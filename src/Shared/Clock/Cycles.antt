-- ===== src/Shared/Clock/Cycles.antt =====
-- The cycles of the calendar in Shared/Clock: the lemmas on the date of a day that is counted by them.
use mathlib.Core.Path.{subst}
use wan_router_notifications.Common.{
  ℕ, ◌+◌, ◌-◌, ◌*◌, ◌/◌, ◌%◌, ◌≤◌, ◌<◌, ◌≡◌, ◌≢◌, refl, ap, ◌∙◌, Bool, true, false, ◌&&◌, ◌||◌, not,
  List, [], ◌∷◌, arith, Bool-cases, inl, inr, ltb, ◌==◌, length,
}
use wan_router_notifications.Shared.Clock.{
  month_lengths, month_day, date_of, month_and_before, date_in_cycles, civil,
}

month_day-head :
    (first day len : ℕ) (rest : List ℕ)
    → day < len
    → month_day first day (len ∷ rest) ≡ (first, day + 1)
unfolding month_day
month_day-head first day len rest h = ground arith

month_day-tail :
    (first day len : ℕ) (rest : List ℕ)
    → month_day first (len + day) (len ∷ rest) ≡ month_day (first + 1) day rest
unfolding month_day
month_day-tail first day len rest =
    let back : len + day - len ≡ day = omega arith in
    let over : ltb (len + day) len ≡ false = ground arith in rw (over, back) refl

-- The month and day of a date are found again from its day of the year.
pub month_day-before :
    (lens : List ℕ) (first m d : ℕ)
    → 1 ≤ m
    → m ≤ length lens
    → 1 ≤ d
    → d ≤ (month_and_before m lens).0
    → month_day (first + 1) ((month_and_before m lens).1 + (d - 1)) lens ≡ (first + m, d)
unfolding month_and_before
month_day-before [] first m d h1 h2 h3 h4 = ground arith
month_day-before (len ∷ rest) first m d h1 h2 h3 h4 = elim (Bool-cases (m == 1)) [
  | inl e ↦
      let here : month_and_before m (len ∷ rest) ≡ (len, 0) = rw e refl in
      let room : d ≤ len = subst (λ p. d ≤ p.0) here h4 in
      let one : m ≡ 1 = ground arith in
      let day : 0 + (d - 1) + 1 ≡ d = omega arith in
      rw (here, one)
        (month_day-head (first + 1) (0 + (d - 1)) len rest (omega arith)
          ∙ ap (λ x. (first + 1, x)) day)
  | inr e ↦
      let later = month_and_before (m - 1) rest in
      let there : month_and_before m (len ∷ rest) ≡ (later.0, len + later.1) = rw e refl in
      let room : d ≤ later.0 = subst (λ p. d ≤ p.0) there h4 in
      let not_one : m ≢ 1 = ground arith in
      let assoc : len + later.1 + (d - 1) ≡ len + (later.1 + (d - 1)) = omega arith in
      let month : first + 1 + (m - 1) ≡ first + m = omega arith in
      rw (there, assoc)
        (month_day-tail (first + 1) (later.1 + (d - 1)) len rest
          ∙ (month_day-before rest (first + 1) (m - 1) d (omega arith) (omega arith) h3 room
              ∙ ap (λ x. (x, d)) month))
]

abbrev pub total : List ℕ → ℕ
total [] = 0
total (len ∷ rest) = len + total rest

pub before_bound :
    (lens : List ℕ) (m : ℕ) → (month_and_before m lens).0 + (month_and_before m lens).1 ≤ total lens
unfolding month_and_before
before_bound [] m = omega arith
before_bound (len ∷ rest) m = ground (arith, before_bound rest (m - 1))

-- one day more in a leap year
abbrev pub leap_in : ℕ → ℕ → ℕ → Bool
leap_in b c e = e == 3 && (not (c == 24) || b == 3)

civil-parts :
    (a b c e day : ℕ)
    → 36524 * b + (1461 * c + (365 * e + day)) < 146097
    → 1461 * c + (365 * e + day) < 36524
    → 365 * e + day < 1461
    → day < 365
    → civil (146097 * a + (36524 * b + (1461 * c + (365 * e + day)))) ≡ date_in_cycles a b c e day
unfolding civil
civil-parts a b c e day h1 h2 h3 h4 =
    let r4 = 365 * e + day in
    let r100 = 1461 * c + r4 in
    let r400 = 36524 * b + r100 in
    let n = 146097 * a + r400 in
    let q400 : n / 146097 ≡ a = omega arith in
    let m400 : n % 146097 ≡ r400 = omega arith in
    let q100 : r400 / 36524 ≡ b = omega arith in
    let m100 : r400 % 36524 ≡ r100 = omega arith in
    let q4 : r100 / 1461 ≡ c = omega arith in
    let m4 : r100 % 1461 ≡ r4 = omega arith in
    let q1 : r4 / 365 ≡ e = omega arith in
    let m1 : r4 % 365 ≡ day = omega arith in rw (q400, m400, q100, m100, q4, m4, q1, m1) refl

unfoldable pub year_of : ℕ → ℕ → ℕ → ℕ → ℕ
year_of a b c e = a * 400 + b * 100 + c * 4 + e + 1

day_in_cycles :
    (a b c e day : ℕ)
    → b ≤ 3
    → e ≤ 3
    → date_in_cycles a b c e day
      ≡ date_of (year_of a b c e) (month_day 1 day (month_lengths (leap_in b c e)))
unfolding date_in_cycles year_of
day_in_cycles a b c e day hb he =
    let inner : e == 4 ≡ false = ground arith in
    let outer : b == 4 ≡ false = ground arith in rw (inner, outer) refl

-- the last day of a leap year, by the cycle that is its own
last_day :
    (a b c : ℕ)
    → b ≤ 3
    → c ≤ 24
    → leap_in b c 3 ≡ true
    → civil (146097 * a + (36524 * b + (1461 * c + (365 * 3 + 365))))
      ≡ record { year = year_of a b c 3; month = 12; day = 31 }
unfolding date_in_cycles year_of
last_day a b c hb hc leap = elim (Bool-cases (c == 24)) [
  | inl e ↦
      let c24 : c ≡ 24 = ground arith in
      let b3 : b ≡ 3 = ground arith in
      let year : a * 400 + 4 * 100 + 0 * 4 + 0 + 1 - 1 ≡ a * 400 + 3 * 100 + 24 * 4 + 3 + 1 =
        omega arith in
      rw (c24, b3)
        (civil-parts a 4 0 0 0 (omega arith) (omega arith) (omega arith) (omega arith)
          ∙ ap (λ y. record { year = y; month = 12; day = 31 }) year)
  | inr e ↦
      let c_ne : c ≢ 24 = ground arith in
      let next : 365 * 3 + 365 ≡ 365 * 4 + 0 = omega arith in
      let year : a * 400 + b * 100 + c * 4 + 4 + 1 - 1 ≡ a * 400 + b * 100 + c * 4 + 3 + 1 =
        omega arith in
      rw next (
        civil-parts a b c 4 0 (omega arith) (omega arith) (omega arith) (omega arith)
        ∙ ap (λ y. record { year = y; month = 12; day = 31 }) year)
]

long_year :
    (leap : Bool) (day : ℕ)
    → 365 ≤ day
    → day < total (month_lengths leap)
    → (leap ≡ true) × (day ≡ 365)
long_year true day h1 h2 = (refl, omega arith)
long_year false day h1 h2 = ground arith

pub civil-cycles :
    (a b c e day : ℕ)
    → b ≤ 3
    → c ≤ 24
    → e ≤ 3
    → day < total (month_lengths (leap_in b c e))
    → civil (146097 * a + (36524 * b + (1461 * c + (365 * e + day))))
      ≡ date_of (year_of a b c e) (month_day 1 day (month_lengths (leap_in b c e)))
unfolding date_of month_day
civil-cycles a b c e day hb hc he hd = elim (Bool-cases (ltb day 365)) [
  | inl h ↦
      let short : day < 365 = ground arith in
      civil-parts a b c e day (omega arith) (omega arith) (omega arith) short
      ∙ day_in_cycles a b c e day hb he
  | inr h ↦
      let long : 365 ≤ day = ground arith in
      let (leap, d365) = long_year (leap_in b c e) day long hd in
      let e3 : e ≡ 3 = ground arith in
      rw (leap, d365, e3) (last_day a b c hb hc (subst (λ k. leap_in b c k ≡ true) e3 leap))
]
____
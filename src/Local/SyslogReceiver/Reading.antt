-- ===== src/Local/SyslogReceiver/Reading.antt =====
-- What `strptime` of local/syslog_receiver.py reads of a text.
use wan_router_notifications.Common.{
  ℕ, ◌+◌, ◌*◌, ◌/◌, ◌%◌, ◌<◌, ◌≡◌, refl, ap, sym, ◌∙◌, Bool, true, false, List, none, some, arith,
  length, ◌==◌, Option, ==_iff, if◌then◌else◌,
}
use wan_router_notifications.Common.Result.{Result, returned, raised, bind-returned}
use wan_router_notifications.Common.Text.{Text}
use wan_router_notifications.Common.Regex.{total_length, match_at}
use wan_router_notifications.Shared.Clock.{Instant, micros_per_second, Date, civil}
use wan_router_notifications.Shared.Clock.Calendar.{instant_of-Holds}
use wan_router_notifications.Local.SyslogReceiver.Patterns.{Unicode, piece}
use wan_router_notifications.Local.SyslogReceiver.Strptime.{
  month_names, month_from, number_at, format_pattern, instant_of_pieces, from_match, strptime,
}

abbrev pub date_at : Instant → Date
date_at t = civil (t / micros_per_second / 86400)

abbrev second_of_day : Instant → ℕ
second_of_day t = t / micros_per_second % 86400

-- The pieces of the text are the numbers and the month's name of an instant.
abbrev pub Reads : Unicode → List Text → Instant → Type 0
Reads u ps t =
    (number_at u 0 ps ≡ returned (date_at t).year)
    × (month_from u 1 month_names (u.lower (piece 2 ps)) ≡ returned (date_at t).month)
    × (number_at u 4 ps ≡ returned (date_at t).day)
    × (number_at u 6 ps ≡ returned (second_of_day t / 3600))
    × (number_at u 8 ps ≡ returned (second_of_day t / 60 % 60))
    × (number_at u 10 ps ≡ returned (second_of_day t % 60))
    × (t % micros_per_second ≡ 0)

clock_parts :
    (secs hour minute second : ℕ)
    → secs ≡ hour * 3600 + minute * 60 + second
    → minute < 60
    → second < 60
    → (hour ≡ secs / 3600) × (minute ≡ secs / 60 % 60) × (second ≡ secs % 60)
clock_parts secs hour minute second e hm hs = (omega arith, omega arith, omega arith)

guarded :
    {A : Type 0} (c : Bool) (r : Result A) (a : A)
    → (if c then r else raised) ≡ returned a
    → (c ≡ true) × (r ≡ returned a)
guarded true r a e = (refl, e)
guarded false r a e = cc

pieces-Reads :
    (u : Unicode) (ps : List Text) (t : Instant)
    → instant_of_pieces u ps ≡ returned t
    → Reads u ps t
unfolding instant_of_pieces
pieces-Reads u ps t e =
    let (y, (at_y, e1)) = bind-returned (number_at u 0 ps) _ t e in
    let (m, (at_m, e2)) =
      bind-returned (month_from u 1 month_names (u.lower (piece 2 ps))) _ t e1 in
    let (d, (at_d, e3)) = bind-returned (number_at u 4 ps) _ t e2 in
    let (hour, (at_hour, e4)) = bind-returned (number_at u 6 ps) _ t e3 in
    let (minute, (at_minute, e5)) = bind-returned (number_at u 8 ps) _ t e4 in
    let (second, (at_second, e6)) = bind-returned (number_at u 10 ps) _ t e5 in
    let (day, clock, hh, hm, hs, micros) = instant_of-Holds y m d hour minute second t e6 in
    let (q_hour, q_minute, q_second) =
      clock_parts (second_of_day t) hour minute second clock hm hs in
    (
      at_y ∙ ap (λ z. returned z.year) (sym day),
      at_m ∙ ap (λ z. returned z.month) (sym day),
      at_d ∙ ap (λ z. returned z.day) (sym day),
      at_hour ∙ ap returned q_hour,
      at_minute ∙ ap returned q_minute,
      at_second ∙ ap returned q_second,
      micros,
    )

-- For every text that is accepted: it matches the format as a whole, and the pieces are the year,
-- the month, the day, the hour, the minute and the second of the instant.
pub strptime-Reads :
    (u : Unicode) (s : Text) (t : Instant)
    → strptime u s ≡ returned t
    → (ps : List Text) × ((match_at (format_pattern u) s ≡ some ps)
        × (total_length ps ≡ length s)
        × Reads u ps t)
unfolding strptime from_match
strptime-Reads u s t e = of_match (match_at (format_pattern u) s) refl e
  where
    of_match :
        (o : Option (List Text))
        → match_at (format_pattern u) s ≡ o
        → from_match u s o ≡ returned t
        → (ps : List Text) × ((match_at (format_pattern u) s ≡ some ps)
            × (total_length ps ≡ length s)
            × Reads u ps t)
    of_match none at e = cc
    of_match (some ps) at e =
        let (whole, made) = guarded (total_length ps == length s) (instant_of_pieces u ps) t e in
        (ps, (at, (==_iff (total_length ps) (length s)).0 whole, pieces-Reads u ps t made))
____
• _Exercise description_
What you return must be an exact retyping of the lines above starting at the line with "clock_parts (second_of_day t)" and ending at the line with "(ps, (at, (==_iff", and nothing besides.

• _Solution to this problem_
      clock_parts (second_of_day t) hour minute second clock hm hs in
    (
      at_y ∙ ap (λ z. returned z.year) (sym day),
      at_m ∙ ap (λ z. returned z.month) (sym day),
      at_d ∙ ap (λ z. returned z.day) (sym day),
      at_hour ∙ ap returned q_hour,
      at_minute ∙ ap returned q_minute,
      at_second ∙ ap returned q_second,
      micros,
    )

-- For every text that is accepted: it matches the format as a whole, and the pieces are the year,
-- the month, the day, the hour, the minute and the second of the instant.
pub strptime-Reads :
    (u : Unicode) (s : Text) (t : Instant)
    → strptime u s ≡ returned t
    → (ps : List Text) × ((match_at (format_pattern u) s ≡ some ps)
        × (total_length ps ≡ length s)
        × Reads u ps t)
unfolding strptime from_match
strptime-Reads u s t e = of_match (match_at (format_pattern u) s) refl e
  where
    of_match :
        (o : Option (List Text))
        → match_at (format_pattern u) s ≡ o
        → from_match u s o ≡ returned t
        → (ps : List Text) × ((match_at (format_pattern u) s ≡ some ps)
            × (total_length ps ≡ length s)
            × Reads u ps t)
    of_match none at e = cc
    of_match (some ps) at e =
        let (whole, made) = guarded (total_length ps == length s) (instant_of_pieces u ps) t e in
        (ps, (at, (==_iff (total_length ps) (length s)).0 whole, pieces-Reads u ps t made))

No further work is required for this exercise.